Thursday, October 27, 2011

Do they want the Cliff’s Notes version?

The jury of William Cellini’s “peers” (as though any group of a dozen people could truly be considered the peers of a man who tells politicians what to do) already has shown something interesting about their comprehension of the evidence they have heard for the past few weeks.
Do we need a Cellini edition?

It’s probably not that intense.

I WRITE THAT after learning that the first day of deliberations on Wednesday has become stalled on account of the questions the jury sent to the judge and attorneys.

They want to know if they can have access to the power-point presentation they saw during the trial’s testimony. That was a tool used by the attorneys to more visually summarize the actual evidence that jurors were presented with.

But it is not evidence, in and of itself. The actual evidence, including those recordings of government wiretaps that were heard during the trial, is all in the hands of the jury.

They have the raw materials in their hands. They can go through it as much as they want to try to come to an understanding of what really happened concerning Cellini – who faces criminal charges in U.S. District Court for allegedly crossing over the line between legal and illegal in getting an aspiring movie producer to make a sizable donation to Rod Blagojevich’s gubernatorial campaign fund.

BUT PERHAPS THAT is too confusing. Or maybe that takes too much time. So they want the summary, which was meant to highlight certain points that attorneys wanted to punctuate with force.

In short, it is the legal spin – not the fact, in and of itself.

The confused-looking people standing outside the Dirksen Federal Building with a cigarette may well be the Bill Cellini jury.

Which is why I was pleased to learn that U.S. District Judge James Zagel didn’t just give in and hand it over.

In fact, jurors wound up getting to go home early for the day on Wednesday because prosecutors and defense attorneys can’t agree on what they should be allowed to see.

SO EVEN WHEN jurors come back on Thursday to continue deliberations, there is going to be an initial time period in which they will do nothing. They will have to wait for the answer that will be crafted by attorneys – and whose legalese likely will be seen as pointless by at least a few of those jurors.

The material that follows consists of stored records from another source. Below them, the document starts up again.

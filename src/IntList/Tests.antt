-- ===== src/IntList/Tests.antt =====
-- A list of two integers, what a client sees of it, and a comparison that overflows.
use struct.Base.{
  ◌≡◌, ◌↔◌, ◌^◌, refl, sym, ap, arith, true, false, Option, none, some, List, [], ◌∷◌,
}
use Prim.Native.Nat.{Ordering, compare}
use struct.RbTree.State.{red, left, RbNode}
use struct.RbTree.Rep.{cell_of}
use struct.RbTree.Tree.{leaf, inorder, occ}
use struct.RbList.{success}
use struct.RbList
use struct.RbList.Ordered.{member, insert}
use struct.IntList.{IntList, node_cmp, new}
use struct.IntList.Compare.{rank, DiffFits, node_cmp-compare}
use struct.IntList.Calls.{Call, add_call, has_call, errno, flag, answers, spec, spec_all}
use struct.IntList.Set.{IsInts}
use struct.IntList.Refine.{answers_refine, new_refines}

-- 2147483647 is not above -1 here: their difference wraps.
node_cmp_overflow : node_cmp (λ q. 2147483647) 4294967295 8 ≡ Ordering.lt
unfolding node_cmp
node_cmp_overflow = refl

node_cmp-compare_example : (node_cmp (λ q. 5) 7 8 ≡ compare (rank 5) (rank 7)) ↔ DiffFits 5 7
node_cmp-compare_example = node_cmp-compare (λ q. 5) 8 7 (omega arith) (omega arith)

abbrev garbage : IntList
garbage = record {
  rblist = record { entries = record { cell = λ x. none; root = 9 }; nr_entries = 7 };
  ints = λ q. 77;
}

abbrev blank : RbNode
blank = cell_of left 0 red 0 0

abbrev client : List Call
client = add_call (some (8, blank)) 5 ∷ has_call 5 ∷ has_call 6 ∷ []

abbrev empty_list : IntList
empty_list = record garbage {
  rblist = record { entries = record { cell = λ x. none; root = 0 }; nr_entries = 0 };
}

empty_list-IsInts : IsInts empty_list leaf [] [] (2 ^ 31)
unfolding inorder occ
empty_list-IsInts = record {
  set = record {
    list = record {
      holds = record {
        rep = tt;
        root = refl;
        rb = record { root_black = tt; no_red_red = tt; height = 0; balanced = tt };
      };
      order = refl;
      uniq = λ z. omega arith;
    };
    keys = refl;
    sorted = tt;
  };
  words = λ q. omega arith;
  window = tt;
}

answers_refine_example :
    answers 4 client empty_list ≡ some (errno success ∷ flag true ∷ flag false ∷ [])
unfolding spec_all spec member insert
answers_refine_example =
    answers_refine 4 (2 ^ 31) client empty_list leaf [] [] empty_list-IsInts (omega arith)
      (
        (omega arith, (omega arith, omega arith)),
        (
          (omega arith, (omega arith, omega arith)),
          ((omega arith, (omega arith, omega arith)), tt),
        ),
      )
      ((λ e. omega (arith, e), refl), λ r l e. (tt, λ r l e. (tt, λ r l e. tt)))

new_refines_example :
    (l : IntList) × (new (some garbage) ≡ some l)
    × (answers 4 client l ≡ some (errno success ∷ flag true ∷ flag false ∷ []))
unfolding spec_all spec member insert new RbList.init
new_refines_example =
    new_refines 4 (2 ^ 31) client garbage (λ q. omega arith) (omega arith)
      (
        (omega arith, (omega arith, omega arith)),
        (
          (omega arith, (omega arith, omega arith)),
          ((omega arith, (omega arith, omega arith)), tt),
        ),
      )
      (λ l e. (
        (λ f. omega (arith, f), ap (fresh_cell l) (sym e)),
        λ r l e. (tt, λ r l e. (tt, λ r l e. tt)),
      ))
  where
    fresh_cell : IntList → Option IntList → Option RbNode
    fresh_cell l none = none
    fresh_cell l (some m) = m.rblist.entries.cell 8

Who will probably rant and rage among themselves about why “those damned attorneys” can’t just give them a straight and simple answer.

When it comes to the courts, nothing is ever simple.

Actually, this moment reminded me of one that occurred just over a decade ago in U.S. District Court for central Illinois. It was the trial of Management Services of Illinois executives, who ultimately were found guilty of using their ties to government officials to benefit themselves financially beyond what could be construed as good government services.

THAT JURY ALSO asked at one point for special booklets that defense attorneys had prepared for them to use during the testimony to help explain some of the technical jargon used by state government officials in the Public Aid Department.

That judge refused to give the booklets on the grounds that they had the actual evidence, which means they had everything they needed to reach a decision.

Somehow, I think a similar answer in this case will frustrate the jurors, who may well feel like they’re swamped in government and campaign minutia

Which is never an encouraging situation to be in. One day into deliberations, and the jury already seems confused. Let’s only hope that they recover, or else this could become a long, drawn-out process.

PERHAPS ONE THAT lasts as long as the testimony itself – which in my mind breezed through so quickly (particularly when compared to the couple of months that the initial trial of Blagojevich himself lasted).

Got to keep those jurors content, particularly in a case with such significance to the way our state government operates (at least when they’re not engaged in political hissy fits against Gov. Pat Quinn by overriding his veto on the Commonwealth Edison “smart grid” bill).

That may well be the reason that Zagel was sympathetic to another “question” put forth by the jurors on Wednesday.

Apparently, there are some smokers among the jurors. Their question was to ask whether they could take a break for a cigarette. The Chicago Sun-Times reported that about five of the jurors were seen being escorted outside the Dirksen Federal Building so they could light up without violating laws against smoking indoors.